* _Records from a dataset_:

┌──

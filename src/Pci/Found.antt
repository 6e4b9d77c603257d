-- ===== src/Pci/Found.antt =====
-- What a host finds in the configuration space once it is set up: the base address and the lists
-- of capabilities, read as the PCI specification says.
use praid.Common.{
  ℕ, zero, suc, ◌+◌, ◌*◌, ◌%◌, ◌^◌, ◌<◌, ◌≡◌, refl, ◌∙◌, arith, Bool, Bool-cases, inl, inr, ap,
  true, false, ◌&&◌, ◌||◌, leb, ◌==◌, if◌then◌else◌, Option, none, some, List, [], ◌∷◌, ◌++◌,
}
use praid.Common.Digits.{bit_and-low_mask}
use praid.Device.Word.{Memory}
use praid.Pci.Field.{
  Field, get_field, set_field, get_field-set_field_self, get_field-set_field_other,
}
use praid.Pci.Settings.{
  assign, pci_settings, pci_header_settings, pci_pmcap_settings, pci_msixcap_settings,
  pci_pciecap_settings, pci_extcap_settings,
}

abbrev same : Field → Field → Bool
same f g = f.start == g.start && f.width == g.width

abbrev apart : Field → Field → Bool
apart f g = leb (g.start + g.width) f.start || leb (f.start + f.width) g.start

-- No assignment of the list touches a part of the field only.
abbrev pub clear : Field → List (Field × ℕ) → Bool
clear f [] = true
clear f ((g, v) ∷ rest) = (same f g || apart f g) && clear f rest

-- The value of a field behind the assignments, which held `d` before them.
abbrev pub result : Field → List (Field × ℕ) → ℕ → ℕ
result f [] d = d
result f ((g, v) ∷ rest) d = result f rest (if same f g then v % 2 ^ f.width else d)

get_field-set_field :
    (f g : Field) (v : ℕ) (m : Memory)
    → (same f g || apart f g) ≡ true
    → get_field f (set_field g v m) ≡ (if same f g then v % 2 ^ f.width else get_field f m)
get_field-set_field f g v m h = elim (Bool-cases (same f g)) [
  | inl alike ↦
      let one : g ≡ f = ground (arith, alike) in rw (alike, one) (get_field-set_field_self f v m)
  | inr other ↦ rw other (get_field-set_field_other f g v m (ground (arith, h, other)))
]

get_field-assign :
    (f : Field) (l : List (Field × ℕ)) (m : Memory)
    → clear f l ≡ true
    → get_field f (assign l m) ≡ result f l (get_field f m)
unfolding assign
get_field-assign f [] m h = refl
get_field-assign f ((g, v) ∷ rest) m h =
    let first : (same f g || apart f g) ≡ true = ground (arith, h) in
    let others : clear f rest ≡ true = ground (arith, h) in
    get_field-assign f rest (set_field g v m) others
    ∙ ap (result f rest) (get_field-set_field f g v m first)

abbrev pub all_settings : ℕ → List (Field × ℕ)
all_settings base_pa =
    pci_header_settings base_pa
    ++ (pci_pmcap_settings
        ++ (pci_msixcap_settings ++ (pci_pciecap_settings ++ pci_extcap_settings)))

assign-append : (l r : List (Field × ℕ)) (m : Memory) → assign (l ++ r) m ≡ assign r (assign l m)
unfolding assign
assign-append [] r m = refl
assign-append ((f, v) ∷ l) r m = assign-append l r (set_field f v m)

module _ (base_pa : ℕ) (m : Memory) where
  pub pci_settings-assign : pci_settings base_pa m ≡ assign (all_settings base_pa) m
  unfolding pci_settings assign
  pci_settings-assign = refl

  pub get_field-pci_settings :
      (f : Field)
      → clear f (all_settings base_pa) ≡ true
      → get_field f (pci_settings base_pa m) ≡ result f (all_settings base_pa) (get_field f m)
  get_field-pci_settings f h =
      rw pci_settings-assign (get_field-assign f (all_settings base_pa) m h)

-- A list of capabilities from `p` on, by the fields of a capability that hold its kind and the
-- place of the next one, with 0 at the end: the place and the kind of each.
unfoldable pub walk : (kind next : ℕ → Field) → ℕ → Memory → ℕ → Option (List (ℕ × ℕ))
walk kind next zero m p = none
walk kind next (suc fuel) m p = elim (p == 0) [
  | true ↦ some []
  | false ↦ elim (walk kind next fuel m (get_field (next p) m)) [
    | none ↦ none
    | some later ↦ some ((p, get_field (kind p) m) ∷ later)
  ]
]

walk_end : (kind next : ℕ → Field) (m : Memory) (fuel : ℕ) → walk kind next (suc fuel) m 0 ≡ some []
unfolding walk
walk_end kind next m fuel = refl

walk_step :
    (kind next : ℕ → Field) (m : Memory) (fuel p q c : ℕ) (l : List (ℕ × ℕ))
    → (p == 0) ≡ false
    → get_field (next p) m ≡ q
    → get_field (kind p) m ≡ c
    → walk kind next fuel m q ≡ some l
    → walk kind next (suc fuel) m p ≡ some ((p, c) ∷ l)
unfolding walk
walk_step kind next m fuel p q c l used to_next is_kind rest =
    rw (used, walk, to_next, rest, is_kind) refl

-- `w` digits from digit `b` of byte `a` on.
abbrev pub digits_at : ℕ → ℕ → ℕ → Field
digits_at a b w = record { start = a * 8 + b; width = w }

-- The list of the PCI specification, from the pointer at 0x34, and that of PCI Express, at 0x100.
abbrev pub capabilities : Memory → Option (List (ℕ × ℕ))
capabilities m =
    walk (λ p. digits_at p 0 8) (λ p. digits_at (p + 1) 0 8) 8 m (get_field (digits_at 0x34 0 8) m)

abbrev pub extended_capabilities : Memory → Option (List (ℕ × ℕ))
extended_capabilities m = walk (λ p. digits_at p 0 16) (λ p. digits_at p 20 12) 8 m 0x100

-- Whatever the page held before, a host finds power management, MSI-X and PCI Express in the first
-- list, and error reporting, virtual channels, power budgeting, alternative routing, the serial
-- number and the secondary link in the extended one, and both lists end.
pub capabilities-pci_settings :
    (base_pa : ℕ) (m : Memory)
    → (capabilities (pci_settings base_pa m)
        ≡ some ((0x40, 0x01) ∷ (0x50, 0x11) ∷ (0x60, 0x10) ∷ []))
      × (extended_capabilities (pci_settings base_pa m)
          ≡ some (
              (0x100, 0x01)
              ∷ (0x150, 0x02)
              ∷ (0x180, 0x04)
              ∷ (0x190, 0x0e)
              ∷ (0x270, 0x03)
              ∷ (0x2a0, 0x19)
              ∷ []))
capabilities-pci_settings base_pa m =
    let s = pci_settings base_pa m in
    let found = get_field-pci_settings base_pa m in
    let old = walk_step (λ p. digits_at p 0 8) (λ p. digits_at (p + 1) 0 8) s in
    let new = walk_step (λ p. digits_at p 0 16) (λ p. digits_at p 20 12) s in
    (
      rw (found (digits_at 0x34 0 8) refl) (
          old 7 0x40 0x50 0x01 _ refl (found (digits_at 0x41 0 8) refl)
            (found (digits_at 0x40 0 8) refl)
            (old 6 0x50 0x60 0x11 _ refl (found (digits_at 0x51 0 8) refl)
              (found (digits_at 0x50 0 8) refl)
              (old 5 0x60 0 0x10 _ refl (found (digits_at 0x61 0 8) refl)
                (found (digits_at 0x60 0 8) refl)
                (walk_end (λ p. digits_at p 0 8) (λ p. digits_at (p + 1) 0 8) s 4)))),
      new 7 0x100 0x150 0x01 _ refl (found (digits_at 0x100 20 12) refl)
          (found (digits_at 0x100 0 16) refl)
          (new 6 0x150 0x180 0x02 _ refl (found (digits_at 0x150 20 12) refl)
            (found (digits_at 0x150 0 16) refl)
            (new 5 0x180 0x190 0x04 _ refl (found (digits_at 0x180 20 12) refl)
              (found (digits_at 0x180 0 16) refl)
              (new 4 0x190 0x270 0x0e _ refl (found (digits_at 0x190 20 12) refl)
                (found (digits_at 0x190 0 16) refl)
                (new 3 0x270 0x2a0 0x03 _ refl (found (digits_at 0x270 20 12) refl)
                  (found (digits_at 0x270 0 16) refl)
                  (new 2 0x2a0 0 0x19 _ refl (found (digits_at 0x2a0 20 12) refl)
                    (found (digits_at 0x2a0 0 16) refl)
                    (walk_end (λ p. digits_at p 0 16) (λ p. digits_at p 20 12) s 1)))))),
    )

-- A base address of at most 64 digits that is a multiple of 16 KiB is what a host reads back from
-- the two registers, whatever the page held before.
pub base_address-pci_settings :
    (base_pa : ℕ) (m : Memory)
    → base_pa < 2 ^ 64
    → base_pa % 2 ^ 14 ≡ 0
    → get_field (digits_at 0x10 14 18) (pci_settings base_pa m) * 2 ^ 14
        + get_field (digits_at 0x14 0 32) (pci_settings base_pa m) * 2 ^ 32
      ≡ base_pa
base_address-pci_settings base_pa m h whole =
    let found = get_field-pci_settings base_pa m in
    omega (
      arith,
      h,
      whole,
      bit_and-low_mask 32 base_pa,
      found (digits_at 0x10 14 18) refl,
      found (digits_at 0x14 0 32) refl,
    )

└──

* _HOW TO COMPLETE THIS TASK_: Work out how many lines in the records include "same". Only the number should be given.

* _RESPONSE AREA_: 8